# Kona "Hahanna" to fancy of a frame to leave Lock around..??



## patineto (Oct 28, 2005)

For me this build was a exercise of self restrain, still pretty fancy for a "baby taxi" but hopefully not to fancy to attract unwanted attention..









I build it to replace this Klein Adept because is it was to blingy to just leave around..









In short my friends are telling me the frame/fork have some "Collectable value" so I'm asking here first before she enters full taxi duty..


----------



## LARRYJO (Aug 7, 2007)

I have the MC1 stem/bars to match that Adept.


----------



## patineto (Oct 28, 2005)

LARRYJO said:


> I have the MC1 stem/bars to match that Adept.


Oh I have them too, I just need something with much better reach for a more upright riding posture..

Ps: the Adept is a rocketship..


----------



## ish (Jun 17, 2009)

Hahannas are not fancy or collectable.

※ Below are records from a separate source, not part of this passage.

-- ===== src/Vm/Frames.antt =====
-- vm.c: the frame that a call of a bytecode function makes, its arity, and the return from it.
use calx.Base.{
  ℕ, zero, suc, ◌+◌, ◌-◌, ◌^◌, ◌≤◌, ◌≡◌, refl, sym, ap, ◌∙◌, inl, inr, Bool, true, false, not, some,
  List, [], ◌∷◌, ◌++◌, arith, length, take, drop, replicate, ltb, leb, ◌==◌, if◌then◌else◌,
  Bool-cases, length-append, length-replicate, length-drop, drop-append_left, take-append_left,
}
use mathlib.Core.Path.{ap₂}
use mathlib.Core.List.{append_assoc, reverse}
use calx.Vm.Call.{
  do_call_gather, do_call_coerce, entered, enter, call_func, do_return, return_from, pop_frame,
}
use calx.Vm.State.{State, RuntimeInfo, CallSite, Shape, func_at, func_shape, list_object}
use calx.Vm.Values.{
  Value, nil, list, func, Message, wrong_number_of_arguments, expected_at_least, Perform, result,
  failed, ◌>>=◌,
}

-- How many arguments a function takes: so many, or so many at least and a list of the rest.
abbrev pub gathers : ℕ → Bool
gathers nargs_encoded = not (ltb nargs_encoded (2 ^ 31))

abbrev pub least_args : ℕ → ℕ
least_args nargs_encoded =
    if gathers nargs_encoded then 2 ^ 32 - 1 - nargs_encoded else nargs_encoded

abbrev pub accepts : ℕ → ℕ → Bool
accepts nargs_encoded nargs =
    if gathers nargs_encoded
    then leb (least_args nargs_encoded) nargs
    else nargs == least_args nargs_encoded

-- the locals that the arguments take up
abbrev pub arg_locals : ℕ → ℕ
arg_locals nargs_encoded =
    if gathers nargs_encoded then least_args nargs_encoded + 1 else least_args nargs_encoded

abbrev pub arity_error : ℕ → ℕ → Message
arity_error nargs_encoded nargs =
    if gathers nargs_encoded
    then expected_at_least (least_args nargs_encoded) nargs
    else wrong_number_of_arguments (least_args nargs_encoded) nargs

-- the arguments that the callee has, and the state with the list of those that were gathered
abbrev pub arguments : State → ℕ → List Value → List Value
arguments state nargs_encoded args =
    if gathers nargs_encoded
    then list (length state.objects) ∷ drop (length args - least_args nargs_encoded) args
    else args

abbrev pub gathered : State → ℕ → List Value → State
gathered state nargs_encoded args =
    let rest = list_object (reverse (take (length args - least_args nargs_encoded) args)) in
    if gathers nargs_encoded then record state { objects = state.objects ++ rest ∷ [] } else state

pub coerce-accepts :
    (state : State) (args rest : List Value) (enc : ℕ)
    → accepts enc (length args) ≡ true
    → (do_call_coerce state (args ++ rest) enc (length args)
        ≡ result (gathered state enc args, (arguments state enc args ++ rest, arg_locals enc)))
      × (length (arguments state enc args) ≡ arg_locals enc)
unfolding do_call_coerce do_call_gather
coerce-accepts state args rest enc ok = elim (Bool-cases (ltb enc (2 ^ 31))) [
  | inl e ↦
      let size : length args ≡ enc = ground arith in
      let same : (length args == enc) ≡ true = ground arith in
      (rw (e, same) (ap (λ (t : ℕ). result (state, (args ++ rest, t))) size), rw e size)
  | inr e ↦
      let least = 2 ^ 32 - 1 - enc in
      let enough : ltb (length args) least ≡ false = ground arith in
      let fits : least ≤ length args = ground arith in
      let kept = drop-append_left (length args - least) args rest (omega arith) in
      let more = take-append_left (length args - least) args rest (omega arith) in
      (
        rw (e, enough)
            (ap₂
              (λ (g t : List Value). result (
                record state { objects = state.objects ++ list_object (reverse g) ∷ [] },
                (list (length state.objects) ∷ t, least + 1),
              ))
              more kept),
        rw e (omega (arith, length-drop (length args - least) args, fits)),
      )
]

pub coerce_error :
    (state : State) (args : List Value) (enc nargs : ℕ)
    → accepts enc nargs ≡ false
    → do_call_coerce state args enc nargs ≡ failed (arity_error enc nargs)
unfolding do_call_coerce do_call_gather
coerce_error state args enc nargs refused = elim (Bool-cases (ltb enc (2 ^ 31))) [
  | inl e ↦ let other : (nargs == enc) ≡ false = ground arith in rw (e, other) refl
  | inr e ↦ let few : ltb nargs (2 ^ 32 - 1 - enc) ≡ true = ground arith in rw (e, few) refl
]

drop-past :
    (n : ℕ) (xs : List Value) (v : Value) (below : List Value)
    → n ≡ length xs
    → drop (n + 1) (xs ++ v ∷ below) ≡ below
drop-past zero [] v below h = refl
drop-past zero (x ∷ xs) v below h = absurd (omega arith)
drop-past (suc n) [] v below h = absurd (omega arith)
drop-past (suc n) (x ∷ xs) v below h =
    let e : suc n + 1 ≡ suc (n + 1) = omega arith in rw e (drop-past n xs v below (omega arith))

-- what the return needs
abbrev pub site : RuntimeInfo → ℕ → CallSite
site rti p = record {
  call_ip = some rti.ip;
  callee = p;
  prev_consts = rti.consts;
  prev_locals_offset = rti.locals;
}

-- The frame of a call: the function and its locals on the value stack of the caller, and a call site
-- with what the return needs.
pub record Entered (rti : RuntimeInfo) (p : ℕ) (f : ℕ × ℕ) (shape : Shape) (args below : List Value)
    (rti' : RuntimeInfo) : Type 0 where
  pub frame : List Value
  pub size : length frame ≡ shape.nlocals
  pub nils : ℕ
  pub holds : frame ≡ replicate nils nil ++ args
  pub vs : rti'.vs ≡ frame ++ func p ∷ below
  pub locals : rti'.locals ≡ suc (length below)
  pub ip : rti'.ip ≡ f.1
  pub consts : rti'.consts ≡ f.0
  pub cs : rti'.cs ≡ site rti p ∷ rti.cs

enter-Entered :
    (rti : RuntimeInfo) (p : ℕ) (f : ℕ × ℕ) (shape : Shape) (state : State)
    (args below : List Value) (n : ℕ)
    → length args ≡ n
    → n ≤ shape.nlocals
    → (rti' : RuntimeInfo) × (enter rti p f shape state (args ++ func p ∷ below) n
        ≡ result (state, rti'))
      × Entered rti p f shape args below rti'
unfolding enter entered
enter-Entered rti p f shape state args below n size le =
    let locals : List Value = replicate (shape.nlocals - n) nil in
    let count = length-replicate {A = Value} (shape.nlocals - n) nil in
    let fits : ltb shape.nlocals n ≡ false = ground arith in
    let frame_size : length (locals ++ args) ≡ shape.nlocals =
      length-append locals args ∙ omega (arith, count, size, le) in
    let all : length (locals ++ (args ++ func p ∷ below)) ≡ shape.nlocals + suc (length below) =
      length-append locals (args ++ func p ∷ below)
      ∙ omega (arith, count, length-append args (func p ∷ below), size, le) in
    (
      entered rti p f shape (args ++ func p ∷ below) n,
      rw fits refl,
      record {
        frame = locals ++ args;
        size = frame_size;
        nils = shape.nlocals - n;
        holds = refl;
        vs = sym (append_assoc locals args (func p ∷ below));
        locals = omega (arith, all);
        ip = refl;
        consts = refl;
        cs = refl;
      },
    )

call_func_step :
    (state : State) (rti : RuntimeInfo) (p : ℕ) (f : ℕ × ℕ) (shape : Shape) (nargs : ℕ)
    → func_at state p ≡ result f
    → func_shape state p ≡ result shape
    → call_func state rti p nargs ≡ (
        do_call_coerce state rti.vs shape.nargs_encoded nargs
        >>= (λ c. enter rti p f shape c.0 c.1.0 c.1.1))
unfolding call_func
call_func_step state rti p f shape nargs at shaped =
    ap₂
      (λ (a : Perform (ℕ × ℕ)) (b : Perform Shape). a >>= (λ f'. b >>= (λ shape'.
        do_call_coerce state rti.vs shape'.nargs_encoded nargs
        >>= (λ c. enter rti p f' shape' c.0 c.1.0 c.1.1))))
      at shaped

-- A call with a number of arguments that the function takes makes a frame of the function and its
-- locals on the stack of the caller: the arguments, the rest of them as a list where it gathers them,
-- and nil above. The arguments have room in the locals.
pub call_func-Entered :
    (state : State) (rti : RuntimeInfo) (p : ℕ) (f : ℕ × ℕ) (shape : Shape)
    (args below : List Value)
    → func_at state p ≡ result f
    → func_shape state p ≡ result shape
    → rti.vs ≡ args ++ func p ∷ below
    → accepts shape.nargs_encoded (length args) ≡ true
    → arg_locals shape.nargs_encoded ≤ shape.nlocals
    → (rti' : RuntimeInfo) × (call_func state rti p (length args)
        ≡ result (gathered state shape.nargs_encoded args, rti'))
      × Entered rti p f shape (arguments state shape.nargs_encoded args) below rti'
unfolding call_func
call_func-Entered state rti p f shape args below at shaped vs ok room =
    let (coerced, size) = coerce-accepts state args (func p ∷ below) shape.nargs_encoded ok in
    let (rti', entered, frame) =
      enter-Entered rti p f shape (gathered state shape.nargs_encoded args)
        (arguments state shape.nargs_encoded args) below (arg_locals shape.nargs_encoded) size
        room in
    (
      rti',
      call_func_step state rti p f shape (length args) at shaped
          ∙ ap
              (λ (t : List Value).
                do_call_coerce state t shape.nargs_encoded (length args)
                >>= (λ c. enter rti p f shape c.0 c.1.0 c.1.1))
              vs
          ∙ rw coerced entered,
      frame,
    )

-- The return from a frame, whatever its locals hold by then, puts the value in the place of the
-- function and its arguments, and gives the caller back its locals, its constants and its call site;
-- the caller goes on behind the instruction of the call.
pub do_return-Entered :
    (state : State) (rti rti1 rti2 : RuntimeInfo) (p : ℕ) (f : ℕ × ℕ) (shape : Shape)
    (args frame below : List Value) (v : Value)
    → Entered rti p f shape args below rti1
    → func_shape state p ≡ result shape
    → length frame ≡ shape.nlocals
    → rti2.cs ≡ rti1.cs
    → rti2.vs ≡ v ∷ (frame ++ func p ∷ below)
    → do_return state rti2
      ≡ result (
        record {
          vs = v ∷ below;
          cs = rti.cs;
          ip = rti2.ip;
          locals = rti.locals;
          consts = rti.consts;
        },
        some rti.ip,
      )
unfolding do_return
do_return-Entered state rti rti1 rti2 p f shape args frame below v h shaped size cs vs =
    let over : length (frame ++ func p ∷ below) ≡ shape.nlocals + suc (length below) =
      length-append frame (func p ∷ below) ∙ omega (arith, size) in
    let room : ltb (length (frame ++ func p ∷ below)) (shape.nlocals + 1) ≡ false =
      ground (arith, over) in
    let rest : drop (shape.nlocals + 1) (frame ++ func p ∷ below) ≡ below =
      drop-past (shape.nlocals) frame (func p) below (sym size) in
    ap₂ (return_from state rti2) (cs ∙ h.cs) vs
    ∙ ap
        (λ (t : Perform Shape).
          t >>= pop_frame rti2 (site rti p) rti.cs v (frame ++ func p ∷ below))
        shaped
    ∙ unfold pop_frame in rw (room, rest) refl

They were the bottom of the Kona line (but still shared the same geometry as the top of the line bikes).


----------



## patineto (Oct 28, 2005)

ish said:


> Hahannas are not fancy or collectable. They were the bottom of the Kona line (but still shared the same geometry as the top of the line bikes).


Great that was my impression too, thanks for the great news, so far the bike rides great and is very stable and controlable to carry my Kiddolinna around..


----------